“Broken English” Is a Loving Ode to the Unforgettable Marianne Faithfull

(L–R) Iain Forsyth and Jane Pollard speak during the “Broken English” U.S. premiere during the 2026 Sundance Film Festival at Eccles Theatre on January 25, 2026, in Park City, Utah. (Photo by Cindy Ord/Getty Images for Sundance Film Festival)

By Lucy Spicer

“Hello, Sundance!” greets Iain Forsyth to an energetic Eccles Theatre audience. “I’ve waited 12 years to say that again.” The last time Forsyth and Jane Pollard screened a film at the Sundance Film Festival, the year was 2014 and the film, 20,000 Days on Earth, was the directing duo’s feature debut — and winner of awards for directing and editing in the Festival’s World Cinema Documentary Competition. A blend of fiction and nonfiction in its portrait of musician Nick Cave’s life and creative process, 20,000 Days on Earth would introduce moviegoers to the filmmakers’ innovative style, which returns to the Sundance Film Festival in 2026 in Broken English as part of the Festival’s Spotlight section.

Broken English is having its U.S. premiere in Park City after originally screening at the 2025 Venice Film Festival. Named after the title track of Marianne Faithfull’s 1979 album, the documentary is a multifaceted chronicle of Faithfull’s career, which started when she was a teenager and continued to grow and shift until the singer-songwriter-actor died in January 2025. 

“I wish Marianne could be here with us. There’s a bit of her here, this you’ll see,” says Pollard, motioning to herself as she introduces the film to the Eccles audience with Forsyth. “This jacket and shirt is what she’s wearing in the film. We wanted to bring them with us here tonight.” And indeed, when we meet Faithfull in the film, she’s wearing the very shirt, jacket, and tie that Pollard sports at the documentary’s U.S. premiere. 

Faithfull’s participation in the film, which includes her last recorded performance, returns agency to an artist whom the media continuously attempted to mold into the most sensationalist shape it could for decades. And though she relies on supplemental oxygen throughout her interview — a necessity after a COVID-19 infection in 2020 — Faithfull glows on screen, smiling, candid, a picture of resilience. 

And true to Forsyth and Pollard’s distinctive style, the interview itself exists outside of the framework of your typical talking head documentary. The larger film is depicted as a project of the fictional Ministry of Not Forgetting, a research facility helmed by the Overseer (Tilda Swinton). The project, as the Overseer tells the Researcher (George MacKay), is to ensure that Faithfull is not forgotten — which is different from being remembered. Memories can warp, creating a false impression of someone or something. Rather than creating an impression, not forgetting suggests an imprint, an echo of truthful resonance. 

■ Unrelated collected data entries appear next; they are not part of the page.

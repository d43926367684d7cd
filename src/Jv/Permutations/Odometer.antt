-- ===== src/Jv/Permutations/Odometer.antt =====
-- `permCounter.Incr` steps its odometer through the rows of the product.
use gobase.Base.{
  ℕ, zero, suc, ◌+◌, ◌<◌, ◌≡◌, refl, sym, ap, ◌∙◌, inl, inr, Bool, true, false, List, [], ◌∷◌, ◌++◌,
  arith, if◌then◌else◌, Bool-cases, length, get_or, drop, nat_comparable, bool_comparable,
  list_comparable,
}
use gobase.Base.Int.{pos, sub_ℕ, leb_ℤ}
use gobase.Jv.Permutations.Product.{cells, snoc, prods}
use gobase.Jv.Permutations.{PermCounter, value_of, incr, select_at}

module _ {ℓ} {B : Type ℓ} (z : B) where
  -- The counters belong to the columns, the root to the first of `os`.
  unfoldable pub Fits : List PermCounter → List (List B) → Type 0
  Fits [] [] = Unit
  Fits [] (o ∷ os) = ⊥
  Fits (p ∷ ps) [] = ⊥
  Fits (p ∷ ps) (o ∷ os) =
      (p.max ≡ sub_ℕ (length o) 1) × (p.value < length (cells z o)) × Fits ps os

  -- The row that the counters select.
  unfoldable pub row : List PermCounter → List (List B) → List B
  row [] os = []
  row (p ∷ ps) [] = []
  row (p ∷ ps) (o ∷ os) = row ps os ++ select_at z o (value_of p) ∷ []

  -- The rows from choice `v` of a new last column on.
  unfoldable pub spread : ℕ → List B → List (List B) → List (List B)
  unfolding prods snoc
  spread v o [] = []
  spread v o (r ∷ rows) = snoc r (drop v (cells z o)) ++ prods z o rows

  -- The rows that are still to come, the present one first.
  unfoldable pub remaining : List PermCounter → List (List B) → List (List B)
  unfolding spread
  remaining [] os = [] ∷ []
  remaining (p ∷ ps) [] = []
  remaining (p ∷ ps) (o ∷ os) = spread p.value o (remaining ps os)

  pub spread_zero : (o : List B) (rows : List (List B)) → spread 0 o rows ≡ prods z o rows
  unfolding spread prods
  spread_zero o [] = refl
  spread_zero o (r ∷ rows) = refl

  at_maximum : (o : List B) (p : PermCounter) → Bool
  at_maximum o p = leb_ℤ p.max (pos p.value)

  drop_last : (xs : List B) (v : ℕ) → suc v ≡ length xs → drop v xs ≡ get_or xs v z ∷ []
  drop_last [] v h = absurd (omega arith)
  drop_last (x ∷ []) zero h = refl
  drop_last (x ∷ y ∷ xs) zero h = absurd (omega arith)
  drop_last (x ∷ xs) (suc v) h = drop_last xs v (omega arith)

  drop_more : (xs : List B) (v : ℕ) → v < length xs → drop v xs ≡ get_or xs v z ∷ drop (suc v) xs
  drop_more [] v h = absurd (omega arith)
  drop_more (x ∷ xs) zero h = refl
  drop_more (x ∷ xs) (suc v) h = drop_more xs v (omega arith)

  select_at-cells :
      (o : List B) (p : PermCounter)
      → p.max ≡ sub_ℕ (length o) 1
      → p.value < length (cells z o)
      → select_at z o (value_of p) ≡ get_or (cells z o) p.value z
  unfolding select_at value_of
  select_at-cells [] p m h = let e : p.value ≡ 0 = omega arith in rw (m, e)
  select_at-cells (x ∷ xs) p m h = rw m (ground arith)

  at_end :
      (o : List B) (p : PermCounter)
      → p.max ≡ sub_ℕ (length o) 1
      → p.value < length (cells z o)
      → (if leb_ℤ p.max (pos p.value) then suc p.value else length (cells z o)) ≡ length (cells z o)
  at_end [] p m h = ground arith
  at_end (x ∷ xs) p m h = ground arith

  before_end :
      (o : List B) (p : PermCounter)
      → p.max ≡ sub_ℕ (length o) 1
      → leb_ℤ p.max (pos p.value) ≡ false
      → suc p.value < length (cells z o)
  before_end [] p m h = ground arith
  before_end (x ∷ xs) p m h = ground arith

  module _ (o : List B) (p : PermCounter) (m : p.max ≡ sub_ℕ (length o) 1)
      (h : p.value < length (cells z o)) (r : List B) (rows : List (List B)) where
    spread_last :
        leb_ℤ p.max (pos p.value) ≡ true
        → spread p.value o (r ∷ rows) ≡ (r ++ select_at z o (value_of p) ∷ []) ∷ spread 0 o rows
    unfolding spread snoc
    spread_last full =
        rw (drop_last (cells z o) p.value (ground (arith, at_end o p m h)), select_at-cells o p m h)
          (ap (λ l. (r ++ get_or (cells z o) p.value z ∷ []) ∷ l) (sym (spread_zero o rows)))

    spread_more :
        leb_ℤ p.max (pos p.value) ≡ false
        → spread p.value o (r ∷ rows)
          ≡ (r ++ select_at z o (value_of p) ∷ []) ∷ spread (p.value + 1) o (r ∷ rows)
    unfolding spread snoc
    spread_more more =
        let e : p.value + 1 ≡ suc p.value = omega arith in
        rw (drop_more (cells z o) p.value h, select_at-cells o p m h, e)

  -- What is still to come: the present row, and what comes after one `Incr`.
  unfoldable pub later : Bool × List PermCounter → List (List B) → List (List B)
  unfolding remaining
  later (true, ps) os = remaining ps os
  later (false, ps) os = []

  later_wrap :
      (p : PermCounter) (o : List B) (next : Bool × List PermCounter) (os : List (List B))
      → later (next.0, record p { value = 0 } ∷ next.1) (o ∷ os) ≡ spread 0 o (later next os)
  unfolding later remaining
  later_wrap p o (true, ps) os = refl
  later_wrap p o (false, ps) os = refl

  pub remaining-incr :
      (ps : List PermCounter) (os : List (List B))
      → Fits ps os
      → remaining ps os ≡ row ps os ∷ later (incr ps) os
  unfolding remaining later row incr Fits
  remaining-incr [] os f = refl
  remaining-incr (p ∷ ps) [] f = elim f [ ]
  remaining-incr (p ∷ []) (o ∷ []) (m, h, f) = elim (Bool-cases (leb_ℤ p.max (pos p.value))) [
    | inl full ↦ rw full (spread_last o p m h [] [] full)
    | inr more ↦ rw more (spread_more o p m h [] [] more)
  ]
  remaining-incr (p ∷ []) (o ∷ o' ∷ os) (m, h, f) = elim f [ ]
  remaining-incr (p ∷ q ∷ next) (o ∷ os) (m, h, f) =
      let ih = remaining-incr (q ∷ next) os f in
      let r = row (q ∷ next) os in
      let now = r ++ select_at z o (value_of p) ∷ [] in
      elim (Bool-cases (leb_ℤ p.max (pos p.value))) [
        | inl full ↦ rw full (
            ap (spread p.value o) ih
            ∙ spread_last o p m h r (later (incr (q ∷ next)) os) full
            ∙ ap (λ l. now ∷ l) (sym (later_wrap p o (incr (q ∷ next)) os)))
        | inr more ↦ rw more (
            ap (spread p.value o) ih
            ∙ spread_more o p m h r (later (incr (q ∷ next)) os) more
            ∙ ap (λ l. now ∷ spread (p.value + 1) o l) (sym ih))
      ]

  pub incr-Fits : (ps : List PermCounter) (os : List (List B)) → Fits ps os → Fits (incr ps).1 os
  unfolding incr Fits
  incr-Fits [] os f = f
  incr-Fits (p ∷ []) [] f = elim f [ ]
  incr-Fits (p ∷ q ∷ next) [] f = elim f [ ]
  incr-Fits (p ∷ []) (o ∷ os) (m, h, f) = elim (Bool-cases (leb_ℤ p.max (pos p.value))) [
    | inl full ↦ rw full (m, h, f)
    | inr more ↦ rw more (m, omega (arith, before_end o p m more), f)
  ]
  incr-Fits (p ∷ q ∷ next) (o ∷ os) (m, h, f) = elim (Bool-cases (leb_ℤ p.max (pos p.value))) [
    | inl full ↦ rw full (m, omega (arith, h), incr-Fits (q ∷ next) os f)
    | inr more ↦ rw more (m, omega (arith, before_end o p m more), f)
  ]
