-- ===== src/Jv/Permutations/Laws.antt =====
-- `Permutations` visits every row of the Cartesian product once, in lexicographic order.
use mathlib.Core.List.{reverse-cons, reverse-reverse, reverse as list_reverse}
use gobase.Base.{
  ℕ, zero, suc, ◌≤◌, ◌<◌, ◌≡◌, refl, sym, ap, ◌∙◌, subst, inl, inr, Bool, true, false, some, List,
  [], ◌∷◌, ◌++◌, map, append_assoc, append-nil, arith, Bool-cases, length, length-append,
  nat_comparable, bool_comparable, list_comparable,
}
use gobase.Base.Int.{ℤ}
use gobase.Jv.Select.Laws.{reverse-list_reverse}
use gobase.Jv.Permutations.Product.{cells, product, all_rows, all_rows-product}
use gobase.Jv.Permutations.Odometer.{
  Fits, row, spread, remaining, later, spread_zero, remaining-incr, incr-Fits,
}
use gobase.Jv.Permutations.{
  PermCounter, value_of, values, incr, counter_for, link, select_at, select_indexes, perm_loop,
  permutations,
}

module _ {ℓ} {B : Type ℓ} (z : B) where
  length-values :
      (ps : List PermCounter) (os : List (List B))
      → Fits z ps os
      → length (values ps) ≡ length (list_reverse os)
  unfolding values Fits
  length-values [] [] f = refl
  length-values [] (o ∷ os) f = elim f [ ]
  length-values (p ∷ ps) [] f = elim f [ ]
  length-values (p ∷ ps) (o ∷ os) (m, h, f) = rw (reverse-cons o os) (
      omega (
        arith,
        length-values ps os f,
        length-append (values ps) (value_of p ∷ []),
        length-append (list_reverse os) (o ∷ []),
      ))

  select-append :
      (os : List (List B)) (is : List ℤ) (o : List B) (i : ℤ)
      → length is ≡ length os
      → select_indexes z (os ++ o ∷ []) (is ++ i ∷ [])
        ≡ select_indexes z os is ++ select_at z o i ∷ []
  unfolding select_indexes
  select-append [] [] o i e = refl
  select-append [] (j ∷ is) o i e = absurd (omega arith)
  select-append (x ∷ os) [] o i e = absurd (omega arith)
  select-append (x ∷ os) (j ∷ is) o i e =
      ap (◌∷◌ (select_at z x j)) (select-append os is o i (omega arith))

  -- The code selects the row of the counters.
  select-row :
      (ps : List PermCounter) (os : List (List B))
      → Fits z ps os
      → select_indexes z (list_reverse os) (values ps) ≡ row z ps os
  unfolding values row Fits
  select-row [] [] f = unfold select_indexes in refl
  select-row [] (o ∷ os) f = elim f [ ]
  select-row (p ∷ ps) [] f = elim f [ ]
  select-row (p ∷ ps) (o ∷ os) (m, h, f) = rw (reverse-cons o os) (
      select-append (list_reverse os) (values ps) o (value_of p) (length-values ps os f)
      ∙ ap (λ r. r ++ select_at z o (value_of p) ∷ []) (select-row ps os f))

  later-true :
      (next : Bool × List PermCounter) (os : List (List B))
      → next.0 ≡ true
      → later z next os ≡ remaining z next.1 os
  unfolding later
  later-true (true, ps) os h = refl
  later-true (false, ps) os h = cc

  later-false :
      (next : Bool × List PermCounter) (os : List (List B)) → next.0 ≡ false → later z next os ≡ []
  unfolding later
  later-false (true, ps) os h = cc
  later-false (false, ps) os h = refl

  perm_loop-remaining :
      (fuel : ℕ) (ps : List PermCounter) (os rows : List (List B))
      → Fits z ps os
      → length (remaining z ps os) ≤ fuel
      → perm_loop fuel z (list_reverse os) ps rows ≡ some (rows ++ remaining z ps os)
  unfolding perm_loop
  perm_loop-remaining zero ps os rows f enough =
      absurd (omega (arith, ap length (remaining-incr z ps os f)))
  perm_loop-remaining (suc fuel) ps os rows f enough =
      rw (select-row ps os f) (elim (Bool-cases (incr ps).0) [
        | inl more ↦
            let step =
              remaining-incr z ps os f ∙ ap (◌∷◌ (row z ps os)) (later-true (incr ps) os more) in
            rw more (
              perm_loop-remaining fuel (incr ps).1 os (rows ++ row z ps os ∷ [])
                (incr-Fits z ps os f) (omega (arith, ap length step))
              ∙ ap some (append_assoc rows _ _ ∙ ap (λ l. rows ++ l) (sym step)))
        | inr over ↦
            let step =
              remaining-incr z ps os f ∙ ap (◌∷◌ (row z ps os)) (later-false (incr ps) os over) in
            rw over (ap (λ l. some (rows ++ l)) (sym step))
      ])

  link-map :
      (rows : List (List B)) (chain : List PermCounter)
      → link rows chain ≡ chain ++ map counter_for rows
  unfolding link
  link-map [] chain = sym (append-nil chain)
  link-map (o ∷ rows) chain = link-map rows (chain ++ counter_for o ∷ []) ∙ append_assoc chain _ _

  start-Fits : (os : List (List B)) → Fits z (map counter_for os) os
  unfolding Fits counter_for
  start-Fits [] = tt
  start-Fits (o ∷ os) = (refl, nonempty o, start-Fits os)
    where
      nonempty : (xs : List B) → 0 < length (cells z xs)
      nonempty [] = omega arith
      nonempty (x ∷ xs) = omega arith

  start-all_rows : (os : List (List B)) → remaining z (map counter_for os) os ≡ all_rows z os
  unfolding remaining counter_for all_rows
  start-all_rows [] = refl
  start-all_rows (o ∷ os) = ap (spread z 0 o) (start-all_rows os) ∙ spread_zero z o (all_rows z os)

  -- The rows that `Permutations` is to visit: none for an empty input.
  abbrev pub expected : List (List B) → List (List B)
  expected [] = []
  expected (o ∷ os) = product z (o ∷ os)

-- `Permutations` ends, and calls back once for each way to choose one option for every item (the
-- default value for an item with no option), in lexicographic order, the last item's choice
-- changing fastest. For an empty input it makes no call.
pub permutations-product {ℓ κ} :
    {A : Type ℓ} {B : Type κ} (fuel : ℕ) (z : B) (input : List A) (extract : A → List B)
    → length (expected z (map extract input)) ≤ fuel
    → permutations fuel z input extract ≡ some (expected z (map extract input))
unfolding permutations
permutations-product fuel z [] extract enough = refl
permutations-product fuel z (item ∷ rest) extract enough =
    let options = map extract (item ∷ rest) in
    let os = list_reverse options in
    let rows =
      start-all_rows z os ∙ all_rows-product z os ∙ ap (product z) (reverse-reverse options) in
    rw (reverse-list_reverse options, link-map z os [])
      (subst (λ o. perm_loop fuel z o (map counter_for os) [] ≡ some (product z options))
        (reverse-reverse options)
        (perm_loop-remaining z fuel (map counter_for os) os [] (start-Fits z os)
            (omega (arith, ap length rows))
          ∙ ap some rows))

(L–R) Norah Jones and Rufus Wainwright perform at the U.S. premiere of “Broken English” by Iain Forsyth and Jane Pollard, an official selection of the 2026 Sundance Film Festival. (Photo by Jemal Countess/Sundance Institute)

There’s an urgency to this not forgetting, made clearer with every piece of archival footage shown to us and to Faithfull in real time during her conversations with the Researcher. Despite her many artistic contributions over the years, archival interviews show a repeated attempt to focus on her personal life, from her highly publicized relationship with Mick Jagger in the 1960s to her yearslong struggle with drug use. But no matter how many times Faithfull responds with a generous nature and forward-thinking ideas, the impertinent questions persist. “Why are we happier to believe that female artists are the product of everything that happened to them rather than giving them full credit and agency for their work?” Swinton’s character asks herself in the film. 

But the documentary’s inclusion of this footage doesn’t serve to rake over the coals of a scandalous past. “Archive matters so much to Iain and I, and we love using it as creatively as possible,” says Pollard during her introduction to the film’s screening. In Broken English, archival clips prompt roundtable discussions about the damaging effects of irresponsible reporting. They also allow Faithfull to respond and reflect on her own legacy.

The overall focus of Forsyth and Pollard’s film is to document and celebrate Faithfull’s vast artistic contributions, from her singing and songwriting — including the Rolling Stones’ “Sister Morphine” — in the 1960s to her subversive new wave music in the late 1970s and beyond, as well as years worth of mesmerizing acting performances, including Ophelia in Hamlet (1969) and Pirate Jenny in The Threepenny Opera (1991).

Faithfull’s enduring influence is further felt in the film through covers of her original songs by artists such as Suki Waterhouse, Courtney Love, and Jehnny Beth. And after the credits roll at the documentary’s Park City premiere, the audience is treated to two surprise live performances of songs popularized by Faithfull: a Rufus Wainwright rendition of “Ballad of the Soldier’s Wife” and Norah Jones on “The Ballad of Lucy Jordan.” Performed with passion and care to an enraptured audience, the songs — and the artists who will continue to keep them alive — are proof that although Faithfull may be gone, she’s certainly not forgotten.